# 2-year-olds throwing food. Help me?



## OGirlieMama (Aug 6, 2006)

Argh! My girls are driving me nuts at mealtimes. The food-throwing had stopped for quite a while, and crazy me thought they had outgrown it. Well, lately, it is back with a vengeance and I am starting to lose my cool.

They are very verbal, and are absolutely capable of saying "all done" (and have in the past, actually) at which point I ask are you sure, and then take their plates/trays if they say yes. Lately, they either say "all done" and immediately hurl the plate to the floor or they just push it over the front edge of the highchair tray - often right as I am trying to reach for it. I'm so freaking tired of picking food up off my floor. I try and stay alert and close by so I can take stuff away as soon as they are finished with it, but they are really fast.
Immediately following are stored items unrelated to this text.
-- ===== src/Postgres/Leader/Cluster.antt =====
-- Replicas that contend for the lock, in any interleaving of their calls.
use ai_agent_boilerplate.Prelude.{ℕ, ◌≡◌, ◌≢◌, Option, none, some, ◌==◌, if◌then◌else◌}
use ai_agent_boilerplate.Postgres.Server.{Answer}
use ai_agent_boilerplate.Postgres.Leader.{Session, Hold, LockState, acquire, release}

-- The lock of the server, and what each replica believes to hold it by.
pub record Cluster : Type 0 where
  pub lock : Option Hold
  pub held : ℕ → Option Session

abbrev pub put : ℕ → Option Session → (ℕ → Option Session) → ℕ → Option Session
put i v held j = if j == i then v else held j

abbrev pub view : ℕ → Cluster → LockState
view i s = record { lock = s.lock; held = s.held i }

abbrev pub stored : ℕ → LockState → Cluster → Cluster
stored i l s = record { lock = l.lock; held = put i l.held s.held }

-- The server ends the sessions of a process that dies.
abbrev pub without_owner : (Session → ℕ) → ℕ → Option Hold → Option Hold
without_owner owner i none = none
without_owner owner i (some h) = if owner h.session == i then none else some h

-- `owner` tells the replica whose pool a connection is of, and `May` which answers the server may
-- give. The pool does not give a connection that is out.
pub data Step (owner : Session → ℕ) (May : Answer → Type 0) (s : Cluster) : Cluster → Type 0 where
  acquires :
      (i : ℕ) (c : Session) (a : Answer)
      → May a
      → owner c ≡ i
      → s.held i ≢ some c
      → Step owner May s (stored i (acquire (some c) a (view i s)).1 s)
  no_connection : (i : ℕ) (a : Answer) → Step owner May s (stored i (acquire none a (view i s)).1 s)
  releases : (i : ℕ) (a : Answer) → May a → Step owner May s (stored i (release a (view i s)) s)
  dies :
      (i : ℕ)
      → Step owner May s (record { lock = without_owner owner i s.lock; held = put i none s.held })

abbrev pub idle : Cluster
idle = record { lock = none; held = λ _. none }

pub data Reach (owner : Session → ℕ) (May : Answer → Type 0) : Cluster → Type 0 where
  start : Reach owner May idle
  next : {s t : Cluster} → Reach owner May s → Step owner May s t → Reach owner May t
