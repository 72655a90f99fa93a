-- ===== src/Postgres/Leader/Exclusion.antt =====
-- `PostgresLeaderLock` in replicas that contend for it.
use mathlib.Core.Path.{subst}
use ai_agent_boilerplate.Prelude.{
  ℕ, ◌≡◌, refl, sym, ap, inl, inr, true, Option, none, some, ◌==◌, ==_iff, Bool-cases,
}
use ai_agent_boilerplate.Postgres.Server.{Answer, answered, refused, lost}
use ai_agent_boilerplate.Postgres.Leader.Cluster.{
  Cluster, put, view, without_owner, Step, acquires, no_connection, releases, dies, Reach, start,
  next,
}
use ai_agent_boilerplate.Postgres.Leader.{
  Session, Hold, LockState, try_lock, unlock, acquire, release, let_go,
}

-- Who believes to lead holds the lock, by a connection of its own.
abbrev pub Owns : (Session → ℕ) → ℕ → Option Session → Option Hold → Type 0
Owns owner i none lock = Unit
Owns owner i (some c) none = ⊥
Owns owner i (some c) (some h) = (h.session ≡ c) × (owner c ≡ i)

abbrev pub Inv : (Session → ℕ) → Cluster → Type 0
Inv owner s = (i : ℕ) → Owns owner i (s.held i) s.lock

pub acquire-none : (a : Answer) (l : LockState) → (acquire none a l).1 ≡ l
unfolding acquire
acquire-none a l = refl

module _ (owner : Session → ℕ) where
  -- The replica that calls.
  try_lock-Owns :
      (i : ℕ) (c : Session) (mine : Option Session) (lock : Option Hold)
      → Owns owner i mine lock
      → Owns owner i mine (try_lock c lock).1
  unfolding try_lock
  try_lock-Owns i c none lock h = tt
  try_lock-Owns i c (some d) none h = absurd h
  try_lock-Owns i c (some d) (some k) h = elim (Bool-cases (k.session == c)) [
    | inl same ↦ rw same h
    | inr other ↦ rw other h
  ]

  granted-Owns :
      (i : ℕ) (c : Session) (lock : Option Hold)
      → owner c ≡ i
      → (try_lock c lock).0 ≡ true
      → Owns owner i (some c) (try_lock c lock).1
  unfolding try_lock
  granted-Owns i c none o g = (refl, o)
  granted-Owns i c (some k) o g = elim (Bool-cases (k.session == c)) [
    | inl same ↦ rw same ((==_iff k.session c).0 same, o)
    | inr other ↦ cc (rw other at g)
  ]

  acquire-Owns :
      (i : ℕ) (c : Session) (a : Answer) (l : LockState)
      → owner c ≡ i
      → Owns owner i l.held l.lock
      → Owns owner i (acquire (some c) a l).1.held (acquire (some c) a l).1.lock
  unfolding acquire
  acquire-Owns i c answered l o h = elim (Bool-cases (try_lock c l.lock).0) [
    | inl yes' ↦ rw yes' (granted-Owns i c l.lock o yes')
    | inr no' ↦ rw no' (try_lock-Owns i c l.held l.lock h)
  ]
  acquire-Owns i c (refused m) l o h = h
  acquire-Owns i c (lost m) l o h = try_lock-Owns i c l.held l.lock h

  -- The others.
  acquire-lock :
      (j : ℕ) (c : Session) (a : Answer) (l : LockState) (theirs : Option Session)
      → Owns owner j theirs l.lock
      → Owns owner j theirs (acquire (some c) a l).1.lock
  unfolding acquire
  acquire-lock j c answered l theirs h = elim (Bool-cases (try_lock c l.lock).0) [
    | inl yes' ↦ rw yes' (try_lock-Owns j c theirs l.lock h)
    | inr no' ↦ rw no' (try_lock-Owns j c theirs l.lock h)
  ]
  acquire-lock j c (refused m) l theirs h = h
  acquire-lock j c (lost m) l theirs h = try_lock-Owns j c theirs l.lock h

  unlock-Owns :
      (i j : ℕ) (c : Session) (theirs : Option Session) (lock : Option Hold)
      → (j ≡ i → ⊥)
      → owner c ≡ i
      → Owns owner j theirs lock
      → Owns owner j theirs (unlock c lock)
  unfolding unlock
  unlock-Owns i j c none lock n o h = tt
  unlock-Owns i j c (some d) none n o h = absurd h
  unlock-Owns i j c (some d) (some k) n o h = elim (Bool-cases (k.session == c)) [
    | inl same ↦ absurd (n (cc ((==_iff k.session c).0 same, h.0, h.1, o)))
    | inr other ↦ rw other h
  ]

  held-by : (i : ℕ) (c : Session) (lock : Option Hold) → Owns owner i (some c) lock → owner c ≡ i
  held-by i c none h = absurd h
  held-by i c (some k) h = h.1

  let_go-Owns :
      (i j : ℕ) (a : Answer) (mine theirs : Option Session) (lock : Option Hold)
      → (j ≡ i → ⊥)
      → Owns owner i mine lock
      → Owns owner j theirs lock
      → Owns owner j theirs (let_go mine a (record { lock = lock; held = mine })).lock
  let_go-Owns i j a none theirs lock n m h = h
  let_go-Owns i j answered (some c) theirs lock n m h =
      unlock-Owns i j c theirs lock n (held-by i c lock m) h
  let_go-Owns i j (refused e) (some c) theirs lock n m h = h
  let_go-Owns i j (lost e) (some c) theirs lock n m h =
      unlock-Owns i j c theirs lock n (held-by i c lock m) h

  own-let_go :
      (i : ℕ) (a : Answer) (mine : Option Session) (lock : Option Hold)
      → Owns owner i mine lock
      → Owns owner i
          (let_go mine a (record { lock = lock; held = mine })).held
          (let_go mine a (record { lock = lock; held = mine })).lock
  own-let_go i a none lock h = h
  own-let_go i a (some c) lock h = tt

  dies-Owns :
      (i j : ℕ) (theirs : Option Session) (lock : Option Hold)
      → (j ≡ i → ⊥)
      → Owns owner j theirs lock
      → Owns owner j theirs (without_owner owner i lock)
  dies-Owns i j none lock n h = tt
  dies-Owns i j (some d) none n h = absurd h
  dies-Owns i j (some d) (some k) n h = elim (Bool-cases (owner k.session == i)) [
    | inl same ↦ absurd (n (cc ((==_iff (owner k.session) i).0 same, ap owner h.0, h.1)))
    | inr other ↦ rw other h
  ]

  -- What holds of the caller and of every other replica holds of all.
  put-Owns :
      (i : ℕ) (v : Option Session) (held : ℕ → Option Session) (lock : Option Hold) (j : ℕ)
      → Owns owner i v lock
      → ((j ≡ i → ⊥) → Owns owner j (held j) lock)
      → Owns owner j (put i v held j) lock
  put-Owns i v held lock j mine others = elim (Bool-cases (j == i)) [
    | inl same ↦ rw same (subst (λ k. Owns owner k v lock) (sym ((==_iff j i).0 same)) mine)
    | inr other ↦ rw other (others (λ e. cc ((==_iff j i).1 e, other)))
  ]

  Step-Inv :
      {May : Answer → Type 0} {s t : Cluster} → Step owner May s t → Inv owner s → Inv owner t
  unfolding release
  Step-Inv {s} (acquires i c a m o out) h j =
      put-Owns i _ s.held _ j (acquire-Owns i c a (view i s) o (h i))
        (λ n. acquire-lock j c a (view i s) (s.held j) (h j))
  Step-Inv {s} (no_connection i a) h j = rw acquire-none (put-Owns i _ s.held _ j (h i) (λ n. h j))
  Step-Inv {s} (releases i a m) h j =
      put-Owns i _ s.held _ j (own-let_go i a (s.held i) s.lock (h i))
        (λ n. let_go-Owns i j a (s.held i) (s.held j) s.lock n (h i) (h j))
  Step-Inv {s} (dies i) h j =
      put-Owns i none s.held _ j tt (λ n. dies-Owns i j (s.held j) s.lock n (h j))

  pub Reach-Inv : {May : Answer → Type 0} {s : Cluster} → Reach owner May s → Inv owner s
  Reach-Inv start = λ i. tt
  Reach-Inv (next r st) = Step-Inv st (Reach-Inv r)

  one_owner :
      (i j : ℕ) (c d : Session) (lock : Option Hold)
      → Owns owner i (some c) lock
      → Owns owner j (some d) lock
      → i ≡ j
  one_owner i j c d none h k = absurd h
  one_owner i j c d (some l) h k = cc (h.0, h.1, k.0, k.1)

  -- In every interleaving of the replicas' attempts at the lock and their releases, with failed
  -- and lost answers and with processes that die, at most one replica at a time believes that it
  -- leads the background loop, where a session ends only with its process and the pool gives out
  -- no connection that is out.
  pub one_leader :
      {May : Answer → Type 0} {s : Cluster} (i j : ℕ) {c d : Session}
      → Reach owner May s
      → s.held i ≡ some c
      → s.held j ≡ some d
      → i ≡ j
  one_leader {s} i j {c} {d} r p q =
      one_owner i j c d s.lock (subst (λ o. Owns owner i o s.lock) p (Reach-Inv r i))
        (subst (λ o. Owns owner j o s.lock) q (Reach-Inv r j))
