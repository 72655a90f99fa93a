-- ===== src/Postgres/Leader/Progress.antt =====
-- `PostgresLeaderLock` while the server answers every statement.
use mathlib.Core.Path.{subst}
use ai_agent_boilerplate.Prelude.{
  ℕ, ◌≡◌, refl, sym, ap, ◌∙◌, ◌≢◌, inl, inr, true, Option, none, some, ◌==◌, ==_iff, ==-refl,
  Bool-cases,
}
use ai_agent_boilerplate.Postgres.Server.{Answer, answered}
use ai_agent_boilerplate.Postgres.Leader.Cluster.{
  Cluster, put, view, without_owner, Step, acquires, no_connection, releases, dies, Reach, start,
  next,
}
use ai_agent_boilerplate.Postgres.Leader.Exclusion.{Owns, Inv, Reach-Inv, acquire-none}
use ai_agent_boilerplate.Postgres.Leader.{Session, Hold, try_lock, unlock, acquire, release, let_go}

-- The lock was taken once, by the connection of a replica that believes to lead.
abbrev Held : (ℕ → Option Session) → Option Hold → Type 0
Held held none = Unit
Held held (some h) = (h.taken ≡ 1) × (i : ℕ) × (held i ≡ some h.session)

abbrev pub Calm : Answer → Type 0
Calm a = a ≡ answered

module _ (owner : Session → ℕ) where
  put_same : (i : ℕ) (held : ℕ → Option Session) (j : ℕ) → put i (held i) held j ≡ held j
  put_same i held j = elim (Bool-cases (j == i)) [
    | inl same ↦ rw same (ap held (sym ((==_iff j i).0 same)))
    | inr other ↦ rw other
  ]

  put_at : (i : ℕ) (v : Option Session) (held : ℕ → Option Session) → put i v held i ≡ v
  put_at i v held = rw (==-refl i)

  Held-same :
      (i : ℕ) (held : ℕ → Option Session) (lock : Option Hold)
      → Held held lock
      → Held (put i (held i) held) lock
  Held-same i held none h = tt
  Held-same i held (some k) (one, j, e) = (one, j, put_same i held j ∙ e)

  holder :
      (j : ℕ) (held : ℕ → Option Session) (k : Hold)
      → held j ≡ some k.session
      → Owns owner j (held j) (some k)
      → owner k.session ≡ j
  holder j held k e own = (subst (λ o. Owns owner j o (some k)) e own).1

  acquire-Held :
      (i : ℕ) (c : Session) (held : ℕ → Option Session) (lock : Option Hold)
      → owner c ≡ i
      → held i ≢ some c
      → ((j : ℕ) → Owns owner j (held j) lock)
      → Held held lock
      → Held
          (put i (acquire (some c) answered (record { lock = lock; held = held i })).1.held held)
          (acquire (some c) answered (record { lock = lock; held = held i })).1.lock
  unfolding acquire try_lock
  acquire-Held i c held none o out inv h = (refl, i, put_at i (some c) held)
  acquire-Held i c held (some k) o out inv (one, j, e) = elim (Bool-cases (k.session == c)) [
    | inl same ↦
        let mine = holder j held k e (inv j) in
        absurd (
          out (
            ap held (sym o ∙ ap owner (sym ((==_iff k.session c).0 same)) ∙ mine)
            ∙ e
            ∙ ap some ((==_iff k.session c).0 same)))
    | inr other ↦ rw other (one, j, put_same i held j ∙ e)
  ]

  release-Held :
      (i : ℕ) (mine : Option Session) (held : ℕ → Option Session) (lock : Option Hold)
      → held i ≡ mine
      → Owns owner i mine lock
      → Held held lock
      → Held
          (put i (let_go mine answered (record { lock = lock; held = mine })).held held)
          (let_go mine answered (record { lock = lock; held = mine })).lock
  unfolding unlock
  release-Held i none held lock e own h =
      subst (λ v. Held (put i v held) lock) e (Held-same i held lock h)
  release-Held i (some c) held none e own h = tt
  release-Held i (some c) held (some k) e own (one, j, p) =
      rw ((==_iff k.session c).1 own.0) (rw one tt)

  dies-Held :
      (i : ℕ) (held : ℕ → Option Session) (lock : Option Hold)
      → ((j : ℕ) → Owns owner j (held j) lock)
      → Held held lock
      → Held (put i none held) (without_owner owner i lock)
  dies-Held i held none inv h = tt
  dies-Held i held (some k) inv (one, j, e) = elim (Bool-cases (owner k.session == i)) [
    | inl same ↦ rw same tt
    | inr other ↦ rw other (
      one,
      j,
      elim (Bool-cases (j == i)) [
        | inl self ↦ cc (
          other,
          (==_iff (owner k.session) i).1 (holder j held k e (inv j) ∙ (==_iff j i).0 self),
        )
        | inr no' ↦ rw no' e
      ],
    )
  ]

  Step-Held :
      {s t : Cluster} → Step owner Calm s t → Inv owner s → Held s.held s.lock → Held t.held t.lock
  unfolding release
  Step-Held {s} (acquires i c a calm o out) inv h =
      rw calm (acquire-Held i c s.held s.lock o out inv h)
  Step-Held {s} (no_connection i a) inv h = rw acquire-none (Held-same i s.held s.lock h)
  Step-Held {s} (releases i a calm) inv h =
      rw calm (release-Held i (s.held i) s.held s.lock refl (inv i) h)
  Step-Held {s} (dies i) inv h = dies-Held i s.held s.lock inv h

  Reach-Held : {s : Cluster} → Reach owner Calm s → Held s.held s.lock
  Reach-Held start = tt
  Reach-Held (next r st) = Step-Held st (Reach-Inv owner r) (Reach-Held r)

  lock_free :
      (held : ℕ → Option Session) (lock : Option Hold)
      → Held held lock
      → ((j : ℕ) → held j ≡ none)
      → lock ≡ none
  lock_free held none h idle = refl
  lock_free held (some k) (one, j, e) idle = cc (idle j, e)

  -- Where the server answers every statement, in every interleaving of attempts, releases and
  -- processes that die, an attempt of any replica on any connection succeeds whenever no replica
  -- believes that it leads, where a session ends only with its process and the pool gives out no
  -- connection that is out.
  pub free_to_lead :
      {s : Cluster} (i : ℕ) (c : Session)
      → Reach owner Calm s
      → ((j : ℕ) → s.held j ≡ none)
      → (acquire (some c) answered (view i s)).0 ≡ true
  unfolding acquire try_lock
  free_to_lead {s} i c r idle = rw (lock_free s.held s.lock (Reach-Held r) idle)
I've told them over and over that "we don't throw food" (which feels like a big lie, because "we" includes them and they clearly _do_ throw food!) and that the mess makes mommy sad. I've asked them to help me clean it up (in a very non-punative manner - hey, now that you threw your plate, there's food all over the floor...I have to clean it up - want to help?). I've yelled "STOP IT! STOP THROWING YOUR FOOD ON THE FLOOR!!!!!"







Nothing has had much effect. The yelling made them laugh maniacally. The "sad about the mess" did actually register - now they say "I make a mess - mommy sad!" as if it's really exciting.

What else can I do? Am I supposed to just ignore it and clean it up? That doesn't feel right, either. Help!


----------



## huggerwocky (Jun 21, 2004)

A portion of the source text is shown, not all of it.